Problem requirements -
Find "unfoldable pub restart_awaiting_link" in the data, then restate the line it sits in and every later line word for word, ending with the last line.

----------

-- ===== src/Link/Host.antt =====
-- src/Services/Link/LoLaLinkHostService.h: its state, OnClearSession, OnLinkStateChanged, NewSession
-- and OnPreSend. The libraries and what a run finds outside are `p` and `m`.
pub mod Awaiting
pub mod Linking
pub mod Runs
use lo_la.Prelude.{ℕ, Bool, true, false, ◌&&◌, if◌then◌else◌, ◌==◌, u32_max}
use lo_la.Packet.Definition.{header_ping_with_ack}
use lo_la.Packet.Buffer.{get_data_header, get_id}
use lo_la.Driver.State.{invalid_millis}
use lo_la.Services.Task.{run_delayed}
use lo_la.Services.Send.{schedule}
use lo_la.Link.RingBuffer.{RingBuffer}
use lo_la.Link.Latency.{LatencyMeter, on_ack_packet_sent}
use lo_la.Link.Latency
use lo_la.Link.Transaction.{ResponseTransaction, reset_response}
use lo_la.Link.ClockSync.Host as HostSyncer
use lo_la.Link.Info.{LinkState, awaiting_link, awaiting_sleeping, linking, linked, set_session_id}
use lo_la.Link.Service.{Platform, Moment, LinkClient, Link, on_client, is_linking}
use lo_la.Link.Service.Session.{Housekeeping, clear_session, set_linking_state, update_link_state}
use lo_la.Link.Service.Runtime.{update_random_jitter_max}

pub record HostPart (B : Type 0) : Type 0 where
  pub response : ResponseTransaction
  pub ping_acked : Bool
  pub latency : LatencyMeter B
  pub session_last_started : ℕ

abbrev pub Host : (B S : Type 0) → Type 0
Host B S = Link B S (HostPart B)

-- AwaitingLinkEnum
abbrev pub broadcasting_open_session : ℕ
broadcasting_open_session = 0

abbrev pub validating_partner : ℕ
validating_partner = 1

abbrev pub sending_public_key : ℕ
sending_public_key = 2

abbrev pub processing_pkc : ℕ
processing_pkc = 3

abbrev pub got_shared_key : ℕ
got_shared_key = 4

abbrev pub linking_switch_over : ℕ
linking_switch_over = 5

-- LinkingStagesEnum
abbrev pub info_sync_stage : ℕ
info_sync_stage = 0

abbrev pub clock_sync_stage : ℕ
clock_sync_stage = 1

abbrev pub link_protocol_switch_over : ℕ
link_protocol_switch_over = 2

abbrev pub linking_done : ℕ
linking_done = 3

-- InfoSyncStagesEnum
abbrev pub awaiting_latency_measurement : ℕ
awaiting_latency_measurement = 0

abbrev pub sending_info_request : ℕ
sending_info_request = 1

abbrev pub sending_host_info : ℕ
sending_host_info = 2

unfoldable pub on_clear_session : {B : Type 0} → RingBuffer B → HostPart B → HostPart B
on_clear_session ring h = record h {
  latency = Latency.reset ring h.latency;
  session_last_started = invalid_millis;
}

-- `random(INT32_MAX)` of the syncer is a draw up to 2147483647.
unfoldable pub housekeeping : {B : Type 0} → RingBuffer B → Housekeeping (HostPart B)
unfolding on_clear_session
housekeeping ring = record {
  reset_syncer = λ m s. HostSyncer.reset (m.random 0 2147483647) s;
  reset_transaction = λ h. record h { response = reset_response h.response };
  on_clear_session = on_clear_session ring;
}

abbrev pub on_part : {B S : Type 0} → (HostPart B → HostPart B) → Host B S → Host B S
on_part f s = on_client (λ c. record c { part = f c.part }) s

module _ {B S : Type 0} (p : Platform B S) (m : Moment) where
  abbrev pub clear_host : Host B S → Host B S
  clear_host s = on_client (clear_session p (housekeeping p.rssi_ring) m) s

  unfoldable pub new_session : Host B S → Host B S
  unfolding set_session_id
  new_session s =
      on_client (λ c. record c { info = (set_session_id (m.random 1 254) c.info).0 }) (clear_host s)

  unfoldable pub on_link_state_changed : LinkState → Host B S → Host B S
  on_link_state_changed awaiting_link s = new_session s
  on_link_state_changed awaiting_sleeping s = schedule (run_delayed u32_max) s
  on_link_state_changed linking s =
      on_client (λ c. record c { info_sync_stage = awaiting_latency_measurement }) s
  on_link_state_changed linked s =
      on_part (λ h. record h { response = reset_response h.response }) s
  on_link_state_changed _ s = s

  abbrev pub update_host_state : LinkState → Host B S → Host B S
  update_host_state new_state s =
      update_link_state p (housekeeping p.rssi_ring) m on_link_state_changed new_state s

  unfoldable pub restart_awaiting_link : Host B S → Host B S
  restart_awaiting_link s =
      schedule (run_delayed (m.random 0 update_random_jitter_max))
        (set_linking_state broadcasting_open_session s)

  -- `ClearSession(); RestartAwaitingLink();`
  unfoldable pub give_up : Host B S → Host B S
  unfolding restart_awaiting_link
  give_up s = restart_awaiting_link (clear_host s)

  unfoldable pub on_pre_send : Host B S → Host B S
  unfolding get_data_header get_id
  on_pre_send s =
      if is_linking s.client.info.link_state
        && s.client.linking_state == info_sync_stage
        && get_data_header s.packet == header_ping_with_ack
      then on_part
          (λ h. record h {
            latency = on_ack_packet_sent p.rssi_ring m.micros (get_id s.packet) h.latency;
          })
          s
      else s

----------

Output -
  unfoldable pub restart_awaiting_link : Host B S → Host B S
  restart_awaiting_link s =
      schedule (run_delayed (m.random 0 update_random_jitter_max))
        (set_linking_state broadcasting_open_session s)

  -- `ClearSession(); RestartAwaitingLink();`
  unfoldable pub give_up : Host B S → Host B S
  unfolding restart_awaiting_link
  give_up s = restart_awaiting_link (clear_host s)

  unfoldable pub on_pre_send : Host B S → Host B S
  unfolding get_data_header get_id
  on_pre_send s =
      if is_linking s.client.info.link_state
        && s.client.linking_state == info_sync_stage
        && get_data_header s.packet == header_ping_with_ack
      then on_part
          (λ h. record h {
            latency = on_ack_packet_sent p.rssi_ring m.micros (get_id s.packet) h.latency;
          })
          s
      else s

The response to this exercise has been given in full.